Because the journaling process was so central to Kim's coaching effectiveness, she decided to build an in-house software platform called Journal Engine to enable coaches to interact with clients daily through structured journaling. Rather than keep this proprietary, she licensed it to other coaches, speakers, trainers, and community organizers at $69/month. By 2016, she had approximately 400 licensees generating roughly $28,000 per month in recurring revenue.

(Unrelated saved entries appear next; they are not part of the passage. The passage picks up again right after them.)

-- ===== src/Cbot/Delivery.antt =====
-- What a poll of a cBot answers.
use ctreader.Prelude.{
  ℕ, ◌+◌, ◌*◌, ◌≡◌, ◌≤◌, ◌<◌, ◌⊎◌, ap, Bool, true, false, some, List, [], ◌∷◌, map, arith, Result,
  ok, all, All, length, length-take, keep, order_by, count, all-find_many, find_many-IsOrdered,
  IsOrdered, find_many, Memᴰ, All-find_many, update_many, Bool-cases, inl, inr,
}
use mathlib.Core.List.Memᴰ
use ctreader.Safety.{read_control}
use ctreader.Subscriptions.{current_for_user}
use ctreader.Config.{Config}
use ctreader.Schema.{Db, TradeJob, cbot}
use ctreader.TradeJobs.State.{includes, active_job_statuses, armed, submitted}
use ctreader.TradeJobs.State.Forward.{rank}
use ctreader.Cbot.{Access, entitlement}
use ctreader.Cbot.Poll.{
  PollReply, poll, polled, mark_missed, fetch, is_deliverable, is_abandoned, expire_abandoned,
  sync_fresh,
}
use ctreader.Cbot.Expiry.{none_abandoned, entitlement_returns, entitlement_accepts}

-- A job that a poll may hand out: one of the instance, due within the horizon, active, armed at
-- least where no new jobs are accepted, and not over unless it is in the market.
pub record IsDeliverable (now instance_id : ℕ) (accepts : Bool) (horizon : ℕ) (job : TradeJob)
    : Type 0 where
  pub for_instance : job.cbot_instance_id ≡ some instance_id
  pub venue : job.execution_venue ≡ cbot
  pub near : job.execute_at ≤ now + horizon * 60000
  pub active : includes active_job_statuses job.status ≡ true
  pub started : accepts ≡ false → rank armed ≤ rank job.status
  pub lives :
      (rank submitted ≤ rank job.status)
      ⊎ (now < job.expires_at)
      ⊎ ((at : ℕ) × (job.management_expires_at ≡ some at) × (now < at))

all→All :
    {P : TradeJob → Type 0} (p : TradeJob → Bool) (jobs : List TradeJob)
    → ((job : TradeJob) → p job ≡ true → P job)
    → all p jobs ≡ true
    → All P jobs
all→All p [] h e = tt
all→All p (job ∷ jobs) h e = (h job (ground arith), all→All p jobs h (ground arith))

polled_job-IsDeliverable :
    (now instance_id : ℕ) (accepts : Bool) (horizon : ℕ) (job : TradeJob)
    → is_deliverable now instance_id accepts horizon job ≡ true
    → IsDeliverable now instance_id accepts horizon job
polled_job-IsDeliverable now instance_id accepts horizon job h = record {
  for_instance = ground arith;
  venue = ground arith;
  near = ground arith;
  active = ground arith;
  started = λ e. ground arith;
  lives = ground arith;
}

-- The answer of a poll, what the entitlement said, and the rows that the jobs were made of, each of
-- them a row of the table as the poll found it.
pub record Delivery (cfg : Config) (now instance_id user_id horizon : ℕ) (db : Db)
    (result : Result PollReply × Db) : Type 0 where
  pub access : Access
  pub entitled : (entitlement cfg now user_id db).0 ≡ ok access
  pub jobs : List TradeJob
  pub stored : All (λ job. Memᴰ job db.jobs) jobs
  pub answers :
      result.0
      ≡ ok (record {
        server_time = now;
        accept_new_jobs = access.accept_new_jobs;
        trading_halted = access.trading_halted;
        jobs = map polled jobs;
      })
  pub not_halted : access.accept_new_jobs ≡ true → access.trading_halted ≡ false
  pub deliverable : All (IsDeliverable now instance_id access.accept_new_jobs horizon) jobs
  pub in_order : IsOrdered (λ (j : TradeJob). j.execute_at) jobs
  pub limited : length jobs ≤ 50
  pub none_left : count (is_abandoned now instance_id) result.1.jobs ≡ 0

fetch_limited :
    (now instance_id : ℕ) (accepts : Bool) (horizon : ℕ) (db : Db)
    → length (fetch now instance_id accepts horizon db) ≤ 50
unfolding fetch find_many
fetch_limited now instance_id accepts horizon db = omega (
  arith,
  length-take 50 (
      order_by (λ (j : TradeJob). j.execute_at)
        (keep (is_deliverable now instance_id accepts horizon) db.jobs)),
)

fetch-IsDeliverable :
    (now instance_id : ℕ) (accepts : Bool) (horizon : ℕ) (db : Db)
    → All (IsDeliverable now instance_id accepts horizon) (fetch now instance_id accepts horizon db)
      × IsOrdered (λ (j : TradeJob). j.execute_at) (fetch now instance_id accepts horizon db)
unfolding fetch
fetch-IsDeliverable now instance_id accepts horizon db = (
  all→All (is_deliverable now instance_id accepts horizon)
      (fetch now instance_id accepts horizon db)
      (polled_job-IsDeliverable now instance_id accepts horizon)
      (all-find_many (is_deliverable now instance_id accepts horizon) (λ j. j.execute_at) 50
        db.jobs),
  find_many-IsOrdered (is_deliverable now instance_id accepts horizon) (λ j. j.execute_at) 50
      db.jobs,
)

-- A row that was not marked as missed was there before.
unmarked :
    (now : ℕ) (p : TradeJob → Bool) (rows : List TradeJob) {job : TradeJob}
    → Memᴰ job (update_many p (mark_missed now) rows)
    → includes active_job_statuses job.status ≡ true
    → Memᴰ job rows
unfolding update_many mark_missed
unmarked now p [] m live = absurd (Memᴰ.not-nil m)
unmarked now p (x ∷ rows) (Memᴰ.head e) live = elim (Bool-cases (p x)) [
  | inl marked ↦ absurd (ground arith)
  | inr kept ↦ Memᴰ.head (ground arith)
]
unmarked now p (x ∷ rows) (Memᴰ.tail m) live = Memᴰ.tail (unmarked now p rows m live)

entitlement_jobs :
    (cfg : Config) (now user_id : ℕ) (db : Db) → (entitlement cfg now user_id db).1.jobs ≡ db.jobs
unfolding entitlement current_for_user read_control
entitlement_jobs cfg now user_id db = ground arith

fetch_stored :
    (now instance_id : ℕ) (accepts : Bool) (horizon : ℕ) (db read : Db)
    → read.jobs ≡ db.jobs
    → All
        (λ job. Memᴰ job db.jobs)
        (fetch now instance_id accepts horizon (expire_abandoned now instance_id read))
unfolding fetch expire_abandoned
fetch_stored now instance_id accepts horizon db read same =
    All-find_many (λ job. Memᴰ job db.jobs) (is_deliverable now instance_id accepts horizon)
      (λ j. j.execute_at) 50
      (update_many (is_abandoned now instance_id) (mark_missed now) read.jobs)
      λ job m passes. rw (← same) (
        unmarked now (is_abandoned now instance_id) read.jobs m
          (polled_job-IsDeliverable now instance_id accepts horizon job passes).active)

-- What a poll does, by the entitlement that it reads.
poll_runs :
    (cfg : Config) (now instance_id user_id horizon : ℕ) (db : Db) (a : Access)
    → 1 ≤ horizon
    → horizon ≤ 1440
    → (entitlement cfg now user_id db).0 ≡ ok a
    → let before = expire_abandoned now instance_id (entitlement cfg now user_id db).1 in
      let jobs = fetch now instance_id a.accept_new_jobs horizon before in
      poll cfg now instance_id user_id horizon db ≡ (
        ok (record {
          server_time = now;
          accept_new_jobs = a.accept_new_jobs;
          trading_halted = a.trading_halted;
          jobs = map polled jobs;
        }),
        sync_fresh now jobs before,
      )
unfolding poll
poll_runs cfg now instance_id user_id horizon db a low high h = ground arith

-- A poll with a horizon of 1 to 1440 minutes always answers: with what the entitlement says and with at
-- most 50 jobs, in the order of their times, each of them made of a row of the table that is of the
-- instance and that the entitlement lets it hold, no new ones while the halt in the database is on;
-- and afterwards no job of the instance stands
-- before its submission a minute or more after its end.
pub poll-Delivery :
    (cfg : Config) (now instance_id user_id horizon : ℕ) (db : Db)
    → 1 ≤ horizon
    → horizon ≤ 1440
    → Delivery cfg now instance_id user_id horizon db (poll cfg now instance_id user_id horizon db)
poll-Delivery cfg now instance_id user_id horizon db low high =
    let (a, h) = entitlement_returns cfg now user_id db in
    let read = (entitlement cfg now user_id db).1 in
    let before = expire_abandoned now instance_id read in
    let jobs = fetch now instance_id a.accept_new_jobs horizon before in
    let (fits, ordered) = fetch-IsDeliverable now instance_id a.accept_new_jobs horizon before in
    let runs = poll_runs cfg now instance_id user_id horizon db a low high h in
    record {
      access = a;
      entitled = h;
      jobs = jobs;
      stored =
          fetch_stored now instance_id a.accept_new_jobs horizon db read
            (entitlement_jobs cfg now user_id db);
      answers = ap (λ r. r.0) runs;
      not_halted = entitlement_accepts cfg now user_id db a h;
      deliverable = fits;
      in_order = ordered;
      limited = fetch_limited now instance_id a.accept_new_jobs horizon before;
      none_left = rw runs (none_abandoned now instance_id jobs read);
    }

Financial Structure and Traction

In January 2016, Kim's business was generating approximately $100,000 in total monthly revenue across three streams: coaching ($46,000), coach certification ($10,000+ monthly from new certifications), and Journal Engine software licensing ($28,000). Her full-year 2015 coaching revenue was $600,000. The business operated with lean fixed costs of approximately $18,000/month (primarily headcount), with coaches paid on variable cost basis—either 50/50 split if they brought clients through Kim, or 75/25 split if they brought their own clients. This structure created a network-effect model where coaches profited from their own client generation while contributing to the broader Frame of Mind brand and platform.

Philosophy and Impact

Despite running a growing coaching empire and raising five children (ages 16-22 at the time), Kim emphasized a philosophy of "be where you are"—full presence at work and full presence at home. She intentionally modeled entrepreneurial thinking to her children, supporting ventures like her child's music teaching business and another child's handmade paper product art business. When her teenage son wanted flying lessons, she told him to get a job—a lesson that stuck, ultimately leading him to teach dance professionally (including performing at halftime for the Toronto Raptors).